In order to use the &mut Self as witness that the MaybeUninit slot was actually initialized[1], you need to check that the reference is ptr::eq; consider that an overriden impl could be Box::leak(Box::new(self.clone())) or similar to return an unrelated reference. It is extremely easy to forget to do this validation. A similar footgun resulted in changing the unstable feature(read_buf) APIs.

Plus, that still relies on optimization to cut out the stack allocation. I expect OP wants to avoid that reliance, as they have scenarios where it isn't happening in the current Box::clone which is essentially doing that.
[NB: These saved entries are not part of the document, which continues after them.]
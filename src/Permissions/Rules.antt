-- ===== src/Permissions/Rules.antt =====
-- src/mewcode/permissions/rules.py: the expression of a rule, the match of a target against the four
-- layers of rules, and the store. Two exceptions of the source are two failures.
pub mod Winner
pub mod Exact
use mew_code.Prelude.{
  ℕ, ◌+◌, Bool, true, false, not, ◌&&◌, ◌||◌, Option, none, some, List, [], ◌∷◌, ◌++◌, any,
  contains, ltb, leb, ◌==◌, nat_eq, Outcome, ok, err, ◌>>=◌, ◌>>◌, raise_if, or_raise,
  if◌then◌else◌,
}
use mew_code.Prelude.Text.{Text, text_eq, is_empty, strip}
use mew_code.Glob.{
  MatchError, MatchSubjectKind, Platform, glob_is_exact, glob_specificity, glob_fullmatch,
  escape_exact_glob,
}
use mew_code.Permissions.Models.{
  PermissionEffect, PermissionMatch, PermissionRule, PermissionRuleSets, PermissionSource,
  PermissionTarget, PermissionTargetKind, RuleScope, Specificity,
}

-- PermissionRuleError, and what matching a stored pattern raises
pub data RuleFailure : Type 0 where
  rule_error : RuleFailure
  match_error : MatchError → RuleFailure

-- expression.find("(") with the text before it and after it
unfoldable pub split_at_paren : Text → Option (Text × Text)
split_at_paren [] = none
split_at_paren (c ∷ s) =
    let rest : Option (Text × Text) = elim (split_at_paren s) [
      | none ↦ none
      | some (before, after) ↦ some (c ∷ before, after)
    ] in
    if c == 40 then some ([], s) else rest

-- The text before a last ")".
unfoldable pub without_close : Text → Option Text
without_close [] = none
without_close (c ∷ s) =
    let rest : Option Text = elim (without_close s) [ none ↦ none | some t ↦ some (c ∷ t) ] in
    if is_empty s then (if c == 41 then some [] else none) else rest

unfoldable pub starts_with : Text → Text → Bool
starts_with s [] = true
starts_with [] (p ∷ ps) = false
starts_with (c ∷ s) (p ∷ ps) = c == p && starts_with s ps

-- PermissionTarget.exact_rule with escape_exact_pattern
unfoldable pub exact_rule : PermissionTarget → Text
exact_rule target = target.tool_name ++ 40 ∷ (escape_exact_glob target.value ++ 41 ∷ [])

abbrev pub as_rule {ℓ} : {A : Type ℓ} → Outcome MatchError A → Outcome RuleFailure A
as_rule (ok a) = ok a
as_rule (err e) = err RuleFailure.rule_error

abbrev pub raised {ℓ} : {A : Type ℓ} → Outcome MatchError A → Outcome RuleFailure A
raised (ok a) = ok a
raised (err e) = err (RuleFailure.match_error e)

-- parse_permission_rule; the effect is none for a text that names none
unfoldable pub parse_permission_rule :
    Text
    → Option PermissionEffect
    → RuleScope
    → List Text
    → List Text
    → Outcome RuleFailure PermissionRule
parse_permission_rule expression effect scope known_tools deferred_tool_prefixes = do
  parted ← or_raise (split_at_paren expression) RuleFailure.rule_error
  let tool_name = parted.0
  raise_if (is_empty tool_name) RuleFailure.rule_error
  pattern ← or_raise (without_close parted.1) RuleFailure.rule_error
  raise_if (not (strip tool_name == tool_name)) RuleFailure.rule_error
  raise_if
      (not (contains known_tools tool_name)
        && not (any (starts_with tool_name) deferred_tool_prefixes))
      RuleFailure.rule_error
  raise_if (is_empty pattern) RuleFailure.rule_error
  parsed_effect ← or_raise effect RuleFailure.rule_error
  is_exact ← as_rule (glob_is_exact pattern)
  specificity ← as_rule (glob_specificity pattern)
  ok (record {
    tool_name = tool_name;
    pattern = pattern;
    effect = parsed_effect;
    scope = scope;
    is_exact = is_exact;
    specificity = specificity;
  })

abbrev pub subject_kind : PermissionTargetKind → MatchSubjectKind
subject_kind PermissionTargetKind.path = MatchSubjectKind.path
subject_kind PermissionTargetKind.path_glob = MatchSubjectKind.path
subject_kind _ = MatchSubjectKind.text

unfoldable pub rule_matches :
    Platform → PermissionRule → PermissionTarget → Outcome RuleFailure Bool
rule_matches platform rule target =
    if not (rule.tool_name == target.tool_name)
    then ok false
    else raised (glob_fullmatch platform rule.pattern target.value (subject_kind target.kind))

-- [rule for rule in rules if rule_matches(rule, target)]
unfoldable pub candidates :
    Platform → PermissionTarget → List PermissionRule → Outcome RuleFailure (List PermissionRule)
candidates platform target [] = ok []
candidates platform target (rule ∷ rules) = do
  matches ← rule_matches platform rule target
  rest ← candidates platform target rules
  ok (if matches then rule ∷ rest else rest)

abbrev pub denies : PermissionRule → Bool
denies rule = elim rule.effect [ PermissionEffect.deny ↦ true | PermissionEffect.allow ↦ false ]

-- The order of the pairs (specificity, effect is deny), compared as Python compares tuples.
unfoldable pub key_less : PermissionRule → PermissionRule → Bool
key_less a b =
    let s = a.specificity in
    let t = b.specificity in
    ltb s.exact t.exact
    || (s.exact == t.exact
        && (ltb s.fixed_text t.fixed_text
            || (s.fixed_text == t.fixed_text
                && (ltb s.segments t.segments
                    || (s.segments == t.segments && (not (denies a) && denies b))))))

-- max: the first of the greatest
unfoldable pub winner : PermissionRule → List PermissionRule → PermissionRule
winner best [] = best
winner best (rule ∷ rules) = winner (if key_less best rule then rule else best) rules

abbrev pub source_by_scope : RuleScope → PermissionSource
source_by_scope RuleScope.session = PermissionSource.session_rule
source_by_scope RuleScope.project_local = PermissionSource.project_local_rule
source_by_scope RuleScope.project = PermissionSource.project_rule
source_by_scope RuleScope.user = PermissionSource.user_rule

abbrev pub Layers : Type 0
Layers = List (RuleScope × List PermissionRule)

abbrev pub layers : PermissionRuleSets → Layers
layers sets =
    (RuleScope.session, sets.session)
    ∷ (RuleScope.project_local, sets.project_local)
    ∷ (RuleScope.project, sets.project)
    ∷ (RuleScope.user, sets.user)
    ∷ []

-- The loop of `PermissionRuleMatcher.match`: later layers are not looked at after a match.
unfoldable pub match_layers :
    Platform → PermissionTarget → Layers → Outcome RuleFailure (Option PermissionMatch)
match_layers platform target [] = ok none
match_layers platform target ((scope, rules) ∷ rest) =
    let later = match_layers platform target rest in
    candidates platform target rules >>= λ found. elim found [
      | [] ↦ later
      | rule ∷ others ↦
          ok (some (record { rule = winner rule others; source = source_by_scope scope }))
    ]

unfoldable pub match_rules :
    Platform → PermissionTarget → PermissionRuleSets → Outcome RuleFailure (Option PermissionMatch)
match_rules platform target sets = match_layers platform target (layers sets)

abbrev effect_beq : PermissionEffect → PermissionEffect → Bool
effect_beq PermissionEffect.allow PermissionEffect.allow = true
effect_beq PermissionEffect.deny PermissionEffect.deny = true
effect_beq _ _ = false

abbrev scope_beq : RuleScope → RuleScope → Bool
scope_beq RuleScope.session RuleScope.session = true
scope_beq RuleScope.project_local RuleScope.project_local = true
scope_beq RuleScope.project RuleScope.project = true
scope_beq RuleScope.user RuleScope.user = true
scope_beq _ _ = false

-- The equality of the frozen dataclass; the exactness and the specificity are of the pattern.
unfoldable pub same_rule : PermissionRule → PermissionRule → Bool
unfolding text_eq
same_rule a b =
    a.tool_name == b.tool_name
    && a.pattern == b.pattern
    && effect_beq a.effect b.effect
    && scope_beq a.scope b.scope

-- PermissionRuleStore.add_session_allow
unfoldable pub add_session_allow :
    PermissionTarget → PermissionRuleSets → Outcome RuleFailure PermissionRuleSets
add_session_allow target sets = do
  rule ←
      parse_permission_rule (exact_rule target) (some PermissionEffect.allow) RuleScope.session
        (target.tool_name ∷ []) []
  ok (
      if any (same_rule rule) sets.session
      then sets
      else record sets { session = sets.session ++ rule ∷ [] })

-- persist_project_local_allow with the rules that `add_local_allow` returns
abbrev pub persist_project_local_allow :
    List PermissionRule → PermissionRuleSets → PermissionRuleSets
persist_project_local_allow updated sets = record sets { project_local = updated }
  1. If you know the function being called, you can trust it. If it's a trait method, however, you cannot, and need to at least tolerate any possible implementation permitted by the signature. This is where an extension trait is useful, because it can be unsafe to implement (making it sound to trust documented impl safety requirements) and/or blanket implemented and impossible to override. Some sort of final modifier for default-provided trait methods which prevents overriding the default impl would also be sufficient. ↩︎

3 Likes

Right, I was thinking that one could pass an initialized structure to clone_into_uninit and cause memory leaks (or other resource leaks), but that's not UB. I updated the post to remove the unsafe.

I think this is an interesting approach. I actually wanted to propose something very similar myself. This would force implementors to carefully think about whether something has been thoroughly initialized.

However I'm not sure if this is strictly necessary: writing to a MaybeUninit already requires unsafe code, and that perhaps is a strong enough barrier to make people stop and think on whether their initialization code is thorough enough.

no that’s not quite the case. Reading from MaybeUninit requires unsafe code, but for writing, there’s even an appropriately named (and safe!) method.

2 Likes

Right, right, sorry. This is why I shouldn't write stuff on the internet too late at night or too early in the morning. In that case a Uninit/Init approach may be helpful to communicate expectations, although I'm not 100% sure it's worth it (which is the reason why I omitted in my original post).

There are many known cases where large Box causes stack overflow, including Box::new, so the problem is not limited to cloning.

I think the best way to fix this would be to improve rustc code generation to always carefully avoid stack and initialize Boxes in place. It's already a special type to the compiler.

I don't think that will help? ie in this situation: let b = Box::new(big_structure.clone())
the actual problem is in .clone(), no matter how much more magic you add to Box::new, it won't be able to make clone return by reference instead of by value.

Guaranteed RVO would solve this as far as I understand.

After re-reading: The guaranteed copy elision would need to be far more powerful that what's proposed in the RFC to solve the problem here.